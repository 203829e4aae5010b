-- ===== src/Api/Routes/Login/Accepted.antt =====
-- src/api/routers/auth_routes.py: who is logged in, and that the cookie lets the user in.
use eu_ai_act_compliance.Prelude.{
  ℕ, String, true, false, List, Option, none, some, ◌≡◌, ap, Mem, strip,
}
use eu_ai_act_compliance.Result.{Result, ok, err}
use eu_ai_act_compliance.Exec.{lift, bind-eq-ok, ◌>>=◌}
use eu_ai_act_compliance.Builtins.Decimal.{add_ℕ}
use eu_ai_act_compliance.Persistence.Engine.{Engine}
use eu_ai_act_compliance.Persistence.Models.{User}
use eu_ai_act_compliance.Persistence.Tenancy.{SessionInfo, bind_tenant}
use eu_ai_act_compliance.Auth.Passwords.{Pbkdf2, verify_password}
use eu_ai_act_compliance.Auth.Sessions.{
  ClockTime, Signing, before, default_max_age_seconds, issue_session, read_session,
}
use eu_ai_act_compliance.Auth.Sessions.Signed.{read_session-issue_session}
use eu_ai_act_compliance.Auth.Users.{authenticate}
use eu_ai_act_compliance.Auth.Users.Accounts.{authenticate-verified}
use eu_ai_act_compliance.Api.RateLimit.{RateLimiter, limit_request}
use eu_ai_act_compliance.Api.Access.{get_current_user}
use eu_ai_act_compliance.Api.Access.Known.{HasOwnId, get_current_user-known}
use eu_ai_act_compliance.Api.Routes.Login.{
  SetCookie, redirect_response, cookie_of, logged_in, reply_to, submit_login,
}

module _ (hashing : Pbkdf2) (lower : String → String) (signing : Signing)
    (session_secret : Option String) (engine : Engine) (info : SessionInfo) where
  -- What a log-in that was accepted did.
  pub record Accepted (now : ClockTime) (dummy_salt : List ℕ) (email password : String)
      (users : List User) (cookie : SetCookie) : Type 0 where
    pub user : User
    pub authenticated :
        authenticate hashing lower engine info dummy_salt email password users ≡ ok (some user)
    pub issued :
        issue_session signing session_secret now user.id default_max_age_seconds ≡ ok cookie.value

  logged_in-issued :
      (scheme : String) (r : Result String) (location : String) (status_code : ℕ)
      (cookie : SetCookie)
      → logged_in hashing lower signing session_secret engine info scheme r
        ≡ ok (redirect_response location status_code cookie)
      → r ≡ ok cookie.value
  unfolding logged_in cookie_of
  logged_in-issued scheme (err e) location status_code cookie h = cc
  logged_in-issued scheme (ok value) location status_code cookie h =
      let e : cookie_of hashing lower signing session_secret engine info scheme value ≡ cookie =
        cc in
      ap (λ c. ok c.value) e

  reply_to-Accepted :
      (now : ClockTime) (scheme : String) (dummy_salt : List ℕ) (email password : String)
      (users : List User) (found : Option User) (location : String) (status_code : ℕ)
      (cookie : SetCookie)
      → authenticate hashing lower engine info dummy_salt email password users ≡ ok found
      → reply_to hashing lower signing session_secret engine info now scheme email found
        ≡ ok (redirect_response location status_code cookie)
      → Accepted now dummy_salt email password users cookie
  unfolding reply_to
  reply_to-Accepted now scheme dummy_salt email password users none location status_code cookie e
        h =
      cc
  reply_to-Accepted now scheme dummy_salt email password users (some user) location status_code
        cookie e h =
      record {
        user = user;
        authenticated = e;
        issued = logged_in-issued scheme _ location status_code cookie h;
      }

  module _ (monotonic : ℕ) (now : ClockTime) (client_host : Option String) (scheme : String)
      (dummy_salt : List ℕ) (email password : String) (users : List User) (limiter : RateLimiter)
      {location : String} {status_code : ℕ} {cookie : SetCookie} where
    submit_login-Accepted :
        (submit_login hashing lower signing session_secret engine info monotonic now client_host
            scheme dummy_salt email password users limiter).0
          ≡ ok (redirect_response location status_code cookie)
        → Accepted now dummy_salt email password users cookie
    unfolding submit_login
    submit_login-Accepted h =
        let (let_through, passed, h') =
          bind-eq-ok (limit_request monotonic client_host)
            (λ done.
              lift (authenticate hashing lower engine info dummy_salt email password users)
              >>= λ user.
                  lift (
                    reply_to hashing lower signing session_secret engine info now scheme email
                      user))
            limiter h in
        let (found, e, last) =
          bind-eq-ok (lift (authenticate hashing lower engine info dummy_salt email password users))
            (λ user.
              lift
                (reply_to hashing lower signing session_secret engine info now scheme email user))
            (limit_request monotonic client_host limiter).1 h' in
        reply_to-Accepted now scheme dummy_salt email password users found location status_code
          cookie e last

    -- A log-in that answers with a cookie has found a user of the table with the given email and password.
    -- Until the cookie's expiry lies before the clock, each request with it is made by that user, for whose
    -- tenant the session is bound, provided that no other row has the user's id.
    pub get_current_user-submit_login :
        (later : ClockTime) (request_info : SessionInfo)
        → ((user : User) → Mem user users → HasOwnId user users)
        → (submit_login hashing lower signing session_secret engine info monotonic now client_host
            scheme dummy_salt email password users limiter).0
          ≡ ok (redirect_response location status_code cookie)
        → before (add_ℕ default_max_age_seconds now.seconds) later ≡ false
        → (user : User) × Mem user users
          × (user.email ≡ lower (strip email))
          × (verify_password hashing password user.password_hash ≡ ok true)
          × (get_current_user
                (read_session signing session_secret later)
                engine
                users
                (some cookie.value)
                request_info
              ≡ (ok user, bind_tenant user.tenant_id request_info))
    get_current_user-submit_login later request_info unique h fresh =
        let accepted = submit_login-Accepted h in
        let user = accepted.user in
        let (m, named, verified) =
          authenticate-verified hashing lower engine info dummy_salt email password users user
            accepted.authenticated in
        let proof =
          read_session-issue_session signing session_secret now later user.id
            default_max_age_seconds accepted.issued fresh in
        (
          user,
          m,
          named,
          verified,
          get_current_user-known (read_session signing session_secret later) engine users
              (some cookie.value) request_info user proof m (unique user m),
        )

Work required »
Please reproduce exactly the lines in the listing above from the one containing "limiter h in" through the one containing "let (m, named, verified)", both included, and nothing more.

Output »
            limiter h in
        let (found, e, last) =
          bind-eq-ok (lift (authenticate hashing lower engine info dummy_salt email password users))
            (λ user.
              lift
                (reply_to hashing lower signing session_secret engine info now scheme email user))
            (limit_request monotonic client_host limiter).1 h' in
        reply_to-Accepted now scheme dummy_salt email password users found location status_code
          cookie e last

    -- A log-in that answers with a cookie has found a user of the table with the given email and password.
    -- Until the cookie's expiry lies before the clock, each request with it is made by that user, for whose
    -- tenant the session is bound, provided that no other row has the user's id.
    pub get_current_user-submit_login :
        (later : ClockTime) (request_info : SessionInfo)
        → ((user : User) → Mem user users → HasOwnId user users)
        → (submit_login hashing lower signing session_secret engine info monotonic now client_host
            scheme dummy_salt email password users limiter).0
          ≡ ok (redirect_response location status_code cookie)
        → before (add_ℕ default_max_age_seconds now.seconds) later ≡ false
        → (user : User) × Mem user users
          × (user.email ≡ lower (strip email))
          × (verify_password hashing password user.password_hash ≡ ok true)
          × (get_current_user
                (read_session signing session_secret later)
                engine
                users
                (some cookie.value)
                request_info
              ≡ (ok user, bind_tenant user.tenant_id request_info))
    get_current_user-submit_login later request_info unique h fresh =
        let accepted = submit_login-Accepted h in
        let user = accepted.user in
        let (m, named, verified) =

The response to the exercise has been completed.